Once you find the line with "weekday = 4;" in the entries below, return exactly every line from it through the line with "one_device-IsUnique : IsUnique one_device".

[Stored data entries]
--- START ---

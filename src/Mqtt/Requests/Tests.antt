-- ===== src/Mqtt/Requests/Tests.antt =====
-- The theorems on pings at concrete ticks.
use go_ecoflow_exporter.Base.{
  ◌+◌, ◌/◌, Text, codes, text_eq, true, false, none, some, [], ◌∷◌, ◌≡◌, refl,
}
use go_ecoflow_exporter.Base.Dict.{Dict, lookup, insert, has, IsUnique}
use go_ecoflow_exporter.Mqtt.Requests.{
  Clock, Sender, Tick, ticks_per_refresh, ping_routine, ping_tick, contact_all, send_rtc_time_ping,
  record_ping,
}
use go_ecoflow_exporter.Mqtt.Requests.Counts.{
  attempts, connected_ticks, new_pings, ping_routine-attempts,
}
use go_ecoflow_exporter.Mqtt.Requests.Refreshes.{refreshes, CanSend, ping_routine-refreshes}
use go_ecoflow_exporter.Telemetry.{new_telemetry}
use go_ecoflow_exporter.Base.{List}
use go_ecoflow_exporter.TestData.{delta_sn}

abbrev noon : Clock
noon = record {
  unix_milli = 1;
  minute = 0;
  day = 1;
  weekday = 4;
  second = 0;
  month = 1;
  hour = 12;
  year = 1970;
}

-- Every publication times out.
abbrev stuck : Sender
stuck = record {
  marshal = λ m. ([], none);
  client = some (λ topic payload. none);
  user_id = codes "42";
}

abbrev up : Tick
up = record { connected = true; now = noon; sender = stuck }

abbrev down : Tick
down = record { connected = false; now = noon; sender = stuck }

abbrev one_device : Dict Text
one_device = (delta_sn, codes "Delta 2") ∷ []

one_device-IsUnique : IsUnique one_device
unfolding lookup
one_device-IsUnique = (refl, tt)

one_device-has : has delta_sn one_device ≡ true
unfolding lookup text_eq
one_device-has = refl

-- Of four connected ticks the third is a refresh.
three_pings :
    attempts delta_sn (ping_routine 3 one_device (up ∷ up ∷ down ∷ up ∷ up ∷ []) (new_pings none))
    ≡ 3
unfolding ping_routine ping_tick contact_all send_rtc_time_ping record_ping lookup insert text_eq
three_pings = refl

ping_routine-attempts_example :
    attempts delta_sn (
        ping_routine
          (ticks_per_refresh 9 3)
          one_device
          (up ∷ up ∷ down ∷ up ∷ up ∷ [])
          (new_pings none))
      + connected_ticks (up ∷ up ∷ down ∷ up ∷ up ∷ []) / ticks_per_refresh 9 3
    ≡ connected_ticks (up ∷ up ∷ down ∷ up ∷ up ∷ [])
ping_routine-attempts_example =
    ping_routine-attempts delta_sn 9 3 one_device (up ∷ up ∷ down ∷ up ∷ up ∷ []) none
      one_device-IsUnique one_device-has

abbrev ticks_with_gap : List Tick
ticks_with_gap = up ∷ up ∷ down ∷ up ∷ up ∷ []

stuck-CanSend : CanSend stuck
stuck-CanSend = (λ m. refl, (λ topic payload. none, refl))

ping_routine-refreshes_example :
    let p =
      ping_routine
        (ticks_per_refresh 9 3)
        one_device
        ticks_with_gap
        (new_pings (some (new_telemetry (codes "1.0")))) in
    (refreshes delta_sn p.telemetry ≡ connected_ticks ticks_with_gap / ticks_per_refresh 9 3)
    × (attempts delta_sn p + connected_ticks ticks_with_gap / ticks_per_refresh 9 3
        ≡ connected_ticks ticks_with_gap)
ping_routine-refreshes_example =
    ping_routine-refreshes delta_sn 9 3 one_device ticks_with_gap (codes "1.0") one_device-IsUnique
      one_device-has
      (
        λ h. stuck-CanSend,
        (λ h. stuck-CanSend, (λ h. stuck-CanSend, (λ h. stuck-CanSend, (λ h. stuck-CanSend, tt)))),
      )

--- END ---

• Task solution:
  weekday = 4;
  second = 0;
  month = 1;
  hour = 12;
  year = 1970;
}

-- Every publication times out.
abbrev stuck : Sender
stuck = record {
  marshal = λ m. ([], none);
  client = some (λ topic payload. none);
  user_id = codes "42";
}

abbrev up : Tick
up = record { connected = true; now = noon; sender = stuck }

abbrev down : Tick
down = record { connected = false; now = noon; sender = stuck }

abbrev one_device : Dict Text
one_device = (delta_sn, codes "Delta 2") ∷ []

one_device-IsUnique : IsUnique one_device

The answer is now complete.